**WORK TO COMPLETE**
Every line in the listing below from the one with "not_default : default_like_domain" through the one with "(domains_of a_strconv some_file))))))" is to be reproduced exactly, both ends included; leave out the rest.

**DATA SHOWN**

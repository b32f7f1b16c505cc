-- ===== src/Tests/Admins.antt =====
-- Instances of the theorems on the administration.
use ngrok.Prelude.{
  ℕ, suc, ◌+◌, ◌-◌, ◌≤◌, ◌<◌, Bool, true, false, List, [], ◌∷◌, ◌++◌, map, ◌≡◌, ◌≢◌, ◌↔◌, ◌⊎◌, refl,
  ap, Option, none, some, if◌then◌else◌, ◌==◌, In, inl, inr, arith, All, length,
}
use ngrok.Prelude.Text.{after_prefix, Text, text, text_dec, trim_space, split}
use ngrok.Prelude.HostPort.{contains_byte}
use ngrok.Prelude.Parts.{Lacks}
use ngrok.Server.Names.{valid_hostname}
use ngrok.Client.Config.{new_configuration, ok}
use ngrok.Client.Config.Parse.{parse_configuration}
use ngrok.Admin.Config.{
  ServerConfig, default_server_config, apply_defaults, default_like_domain, first,
}
use ngrok.Admin.Env.{Strconv, is_env_char, read_server_config, write_server_config}
use ngrok.Admin.Env.Written.{IsStrconv}
use ngrok.Admin.Env.RoundTrip.{read_server_config-write_server_config}
use ngrok.Admin.Names.{valid_domain_name, parse_domain_input, fields_func, is_separator}
use ngrok.Admin.Names.Valid.{valid_domain_name-valid_hostname}
use ngrok.Admin.Names.Collected.{IsCollected, parse_domain_input-IsCollected}
use ngrok.Admin.CertArgs.{fields_of, domain_cert_arg_paths, upsert_domain_cert_arg}
use ngrok.Admin.CertArgs.Lookup.{IsPaired, domain_cert_arg_paths-upsert_domain_cert_arg}
use ngrok.Admin.Domains.{
  Paths, handle_delete, handle_domain, failed, written, domain_not_found, control_host_invalid,
}
use ngrok.Admin.Domains.Changes.{domains_of}
use ngrok.Admin.Domains.Deleting.{handle_delete_lem}
use ngrok.Admin.Domains.Adding.{NamesHost, handle_domain_lem}
use ngrok.Admin.Sessions.{
  Crypto, App, AdminState, has_admin, check_password, current_user, handle_setup, handle_events,
  Event, sets_up, visits, logs_out,
}
use ngrok.Admin.Sessions.Passwords.{IsCrypto, check_password-handle_setup}
use ngrok.Admin.Sessions.Granted.{IsGranted, current_user-IsGranted}
use ngrok.Admin.Pages.{client_config, tunnel_port}
use ngrok.Admin.Pages.Reading.{
  client_settings, all_plain-IsPlain, parse_configuration-client_config,
}

-- Quotes that shift every character, and their removal.
shifted : Text → Text
shifted [] = []
shifted (c ∷ s) = (c + 100) ∷ shifted s

unshifted : Text → Text
unshifted [] = []
unshifted (c ∷ []) = []
unshifted (c ∷ d ∷ s) = (c - 100) ∷ unshifted (d ∷ s)

abbrev unquoting : Text → Option Text
unquoting [] = none
unquoting (c ∷ s) = if c == b'"' then some (unshifted s) else none

abbrev a_strconv : Strconv
a_strconv = record { quote = λ s. b'"' ∷ (shifted s ++ b'"' ∷ []); unquote = unquoting }

unshifted-shifted : (s : Text) → unshifted (shifted s ++ b'"' ∷ []) ≡ s
unfolding shifted unshifted
unshifted-shifted [] = refl
unshifted-shifted (c ∷ []) = ap (λ (d : ℕ). d ∷ []) (omega arith)
unshifted-shifted (c ∷ d ∷ s) =
    rw (unshifted-shifted (d ∷ s)) (ap (λ (e : ℕ). e ∷ d ∷ s) (omega arith))

shifted_line : (s : Text) → Lacks b'\n' (shifted s ++ b'"' ∷ [])
unfolding shifted contains_byte
shifted_line [] = refl
shifted_line (c ∷ s) =
    let other : (c + 100 == b'\n') ≡ false = ground arith in
    rw (other, contains_byte) (shifted_line s)

no_quote : (c : ℕ) (s : Text) → is_env_char c ≡ true → unquoting (c ∷ s) ≡ none
no_quote c s h = let other : (c == b'"') ≡ false = ground (arith, h) in rw other refl

a_strconv-IsStrconv : IsStrconv a_strconv
unfolding contains_byte
a_strconv-IsStrconv = record {
  body = shifted;
  quote_body = λ s. refl;
  one_line = shifted_line;
  unquote_quote = λ s. ap some (unshifted-shifted s);
  unquoted_nil = refl;
  unquoted_char = λ c s h. no_quote c s h;
}

abbrev some_config : ServerConfig
some_config = record default_server_config {
  domain = text "web.io";
  auth_token = text "a token";
  vhost = text "web.io,tcp.io";
}

abbrev some_file : Option Text
some_file = some (write_server_config a_strconv some_config)

read_server_config-write_server_config_example :
    read_server_config a_strconv (some (write_server_config a_strconv some_config))
    ≡ apply_defaults some_config
read_server_config-write_server_config_example =
    read_server_config-write_server_config a_strconv some_config a_strconv-IsStrconv

abbrev paths : Paths
paths = record { cert_dir = text "/certs"; join_path = λ a b. a ++ b'/' ∷ b }

tcp_parsed : parse_domain_input (text " TCP.io") ≡ text "tcp.io" ∷ []
unfolding parse_domain_input valid_domain_name ngrok.Admin.Names.has_two_dots split
    ngrok.Admin.Names.valid_labels ngrok.Admin.Names.valid_label text_dec
    ngrok.Server.Names.starts_with_dash ngrok.Server.Names.ends_in_dash
    ngrok.Server.Names.all_label_chars current_user ngrok.Prelude.Maps.get handle_events
    ngrok.Admin.Sessions.handle_event ngrok.Admin.Sessions.require_auth has_admin handle_setup
    trim_space ngrok.Admin.Sessions.set_session ngrok.Admin.Sessions.new_admin_state
    ngrok.Prelude.Maps.put apply_defaults tunnel_port ngrok.Admin.Config.default_control_host
    ngrok.Prelude.Text.after_prefix ngrok.Prelude.HostPort.split_host_port first
    ngrok.Admin.Names.collect_domains fields_func ngrok.Admin.Names.normalize_domain
    ngrok.Admin.Names.strip_port ngrok.Prelude.Text.trim_suffix ngrok.Admin.Names.trim_prefix
    ngrok.Prelude.Text.to_lower ngrok.Server.Vhosts.seen_before ngrok.Prelude.ℕ_discrete
    ngrok.Prelude.HostPort.bracketed contains_byte ngrok.Prelude.HostPort.index_byte
    ngrok.Prelude.HostPort.last_index_byte ngrok.Prelude.HostPort.plain ngrok.Prelude.Text.drop_last
    ngrok.Prelude.Text.has_suffix ngrok.Prelude.Text.trim_left ngrok.Prelude.Text.trim_right
tcp_parsed = refl

handle_delete_lem_example :
    ((¬ In (text "tcp.io") (domains_of a_strconv some_file))
      × (handle_delete a_strconv paths some_file (text " TCP.io") ≡ failed domain_not_found))
    ⊎ (In (text "tcp.io") (domains_of a_strconv some_file)
        × ((bytes : Text) × (handle_delete a_strconv paths some_file (text " TCP.io")
              ≡ written bytes)
            × ((x : Text)
                → In x (domains_of a_strconv (some bytes))
                  ↔ (In x (domains_of a_strconv some_file) × (x ≢ text "tcp.io")))))
handle_delete_lem_example =
    handle_delete_lem a_strconv paths some_file (text " TCP.io") (text "tcp.io") a_strconv-IsStrconv
      tcp_parsed

not_default : default_like_domain (text "tcp.io") ≡ false
unfolding default_like_domain text_dec
not_default = refl

handle_domain_lem_example :
    ((NamesHost [] → ⊥)
      × (handle_domain a_strconv paths some_file (text " TCP.io") [] ≡ failed control_host_invalid))
    ⊎ (NamesHost []
        × ((bytes : Text) × (handle_domain a_strconv paths some_file (text " TCP.io") []
              ≡ written bytes)
            × ((x : Text)
                → In x (domains_of a_strconv (some bytes)) ↔ (
                    (x ≡ text "tcp.io")
                    ⊎ ((default_like_domain
                            (apply_defaults (read_server_config a_strconv some_file)).domain
                          ≡ false)
                        × In x (domains_of a_strconv some_file))))))
handle_domain_lem_example =
    handle_domain_lem a_strconv paths some_file (text " TCP.io") [] (text "tcp.io")
      a_strconv-IsStrconv tcp_parsed not_default

valid_domain_name-valid_hostname_example : valid_hostname (text "a-b.io") ≡ true
unfolding valid_domain_name ngrok.Admin.Names.has_two_dots split ngrok.Admin.Names.valid_labels
    ngrok.Admin.Names.valid_label text_dec ngrok.Server.Names.starts_with_dash
    ngrok.Server.Names.ends_in_dash ngrok.Server.Names.all_label_chars current_user
    ngrok.Prelude.Maps.get handle_events ngrok.Admin.Sessions.handle_event
    ngrok.Admin.Sessions.require_auth has_admin handle_setup trim_space
    ngrok.Admin.Sessions.set_session ngrok.Admin.Sessions.new_admin_state ngrok.Prelude.Maps.put
    apply_defaults tunnel_port ngrok.Admin.Config.default_control_host
    ngrok.Prelude.Text.after_prefix ngrok.Prelude.HostPort.split_host_port first
valid_domain_name-valid_hostname_example = valid_domain_name-valid_hostname (text "a-b.io") refl

parse_domain_input-IsCollected_example :
    IsCollected valid_domain_name
      (fields_func is_separator (text "A.io, b.io"))
      (parse_domain_input (text "A.io, b.io"))
parse_domain_input-IsCollected_example = parse_domain_input-IsCollected (text "A.io, b.io")

-- Two options, one of them for another domain in two fields.
some_args-IsPaired : IsPaired (fields_of (text "-v -domainCert b.io:/c:/k"))
unfolding fields_func after_prefix
some_args-IsPaired = inr ((λ e. cc), inl (refl, refl, tt))

domain_cert_arg_paths-upsert_domain_cert_arg_example :
    domain_cert_arg_paths
      (upsert_domain_cert_arg
        (text "-v -domainCert b.io:/c:/k")
        (text "a.io")
        (text "/c")
        (text "/k"))
      (text "a.io")
    ≡ some (text "/c", text "/k")
unfolding contains_byte
domain_cert_arg_paths-upsert_domain_cert_arg_example =
    domain_cert_arg_paths-upsert_domain_cert_arg (text "-v -domainCert b.io:/c:/k") (text "a.io")
      (text "/c") (text "/k") some_args-IsPaired (refl, (refl, (refl, (refl, tt))))
      ((λ e. cc), (refl, (refl, tt))) ((λ e. cc), (refl, (refl, tt))) refl

-- Thirty-two bytes, made of the lengths of the key and the message.
abbrev a_sum : Text → Text → Text
a_sum key msg = map (λ i. length key + i) (text "0123456789abcdef0123456789abcdef")

abbrev a_crypto : Crypto
a_crypto = record { hmac = a_sum; encode = λ s. s; decode = λ s. some s }

a_crypto-IsCrypto : IsCrypto a_crypto
a_crypto-IsCrypto = record { sum = λ key msg. refl; decode_encode = λ s. refl }

abbrev new_app : App
new_app = record {
  state = record { username = []; salt = []; password_hash = []; iterations = 0 };
  setup_key = text "key";
  sessions = [];
}

no_admin : has_admin new_app ≡ false
unfolding has_admin text_dec
no_admin = refl

admin_named : trim_space (text " admin") ≢ []
unfolding trim_space
admin_named e = cc

check_password-handle_setup_example :
    (check_password a_crypto
        (handle_setup a_crypto
          (text "key")
          (text " admin")
          (text "0123456789")
          (text "salt")
          true
          (text "id")
          7
          new_app)
        (trim_space (text " admin"))
        (text "0123456789")
      ≡ true)
    × ((other : Text)
        → other ≢ trim_space (text " admin")
        → check_password a_crypto
            (handle_setup a_crypto
              (text "key")
              (text " admin")
              (text "0123456789")
              (text "salt")
              true
              (text "id")
              7
              new_app)
            other
            (text "0123456789")
          ≡ false)
check_password-handle_setup_example =
    check_password-handle_setup a_crypto (text " admin") (text "0123456789") (text "salt")
      (text "id") 7 new_app a_crypto-IsCrypto no_admin admin_named (omega arith)

-- The setup, and a visit.
abbrev two_requests : List Event
two_requests =
    visits (some (text "id")) 8
    ∷ sets_up (text "key") (text " admin") (text "0123456789") (text "salt") true (text "id") 7
    ∷ []

still_in :
    (current_user (some (text "id")) 9 (handle_events a_crypto two_requests new_app)).0
    ≡ text "admin"
unfolding current_user text_dec ngrok.Prelude.Maps.get handle_events
    ngrok.Admin.Sessions.handle_event ngrok.Admin.Sessions.require_auth has_admin handle_setup
    trim_space ngrok.Admin.Sessions.set_session ngrok.Admin.Sessions.new_admin_state
    ngrok.Prelude.Maps.put
still_in = refl

current_user-IsGranted_example : IsGranted a_crypto (text "id") 9 two_requests new_app
current_user-IsGranted_example =
    current_user-IsGranted a_crypto (text "id") 9 two_requests new_app refl
      (λ e. absurd (cc (still_in, e)))

abbrev some_client_settings : ServerConfig
some_client_settings = record default_server_config {
  domain = text "web.io";
  control_host = text "ngrok.web.io";
  auth_token = text "secret";
}

parse_configuration-client_config_example :
    parse_configuration (client_config some_client_settings) new_configuration
    ≡ ok (
        client_settings
          (text "ngrok.web.io"
            ++ b':' ∷ tunnel_port (apply_defaults some_client_settings).tunnel_addr)
          (text "secret"))
unfolding apply_defaults tunnel_port current_user text_dec ngrok.Prelude.Maps.get handle_events
    ngrok.Admin.Sessions.handle_event ngrok.Admin.Sessions.require_auth has_admin handle_setup
    trim_space ngrok.Admin.Sessions.set_session ngrok.Admin.Sessions.new_admin_state
    ngrok.Prelude.Maps.put ngrok.Admin.Config.default_control_host ngrok.Prelude.Text.after_prefix
    ngrok.Prelude.HostPort.split_host_port first
parse_configuration-client_config_example =
    parse_configuration-client_config some_client_settings b'n' b's' (text "grok.web.io")
      (text "ecret") refl refl (all_plain-IsPlain (text "ngrok.web.io") refl)
      (all_plain-IsPlain (text "4443") refl) (all_plain-IsPlain (text "secret") refl) (omega arith)
      (omega arith)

**RESULT OF THIS EXERCISE**
not_default : default_like_domain (text "tcp.io") ≡ false
unfolding default_like_domain text_dec
not_default = refl

handle_domain_lem_example :
    ((NamesHost [] → ⊥)
      × (handle_domain a_strconv paths some_file (text " TCP.io") [] ≡ failed control_host_invalid))
    ⊎ (NamesHost []
        × ((bytes : Text) × (handle_domain a_strconv paths some_file (text " TCP.io") []
              ≡ written bytes)
            × ((x : Text)
                → In x (domains_of a_strconv (some bytes)) ↔ (
                    (x ≡ text "tcp.io")
                    ⊎ ((default_like_domain
                            (apply_defaults (read_server_config a_strconv some_file)).domain
                          ≡ false)
                        × In x (domains_of a_strconv some_file))))))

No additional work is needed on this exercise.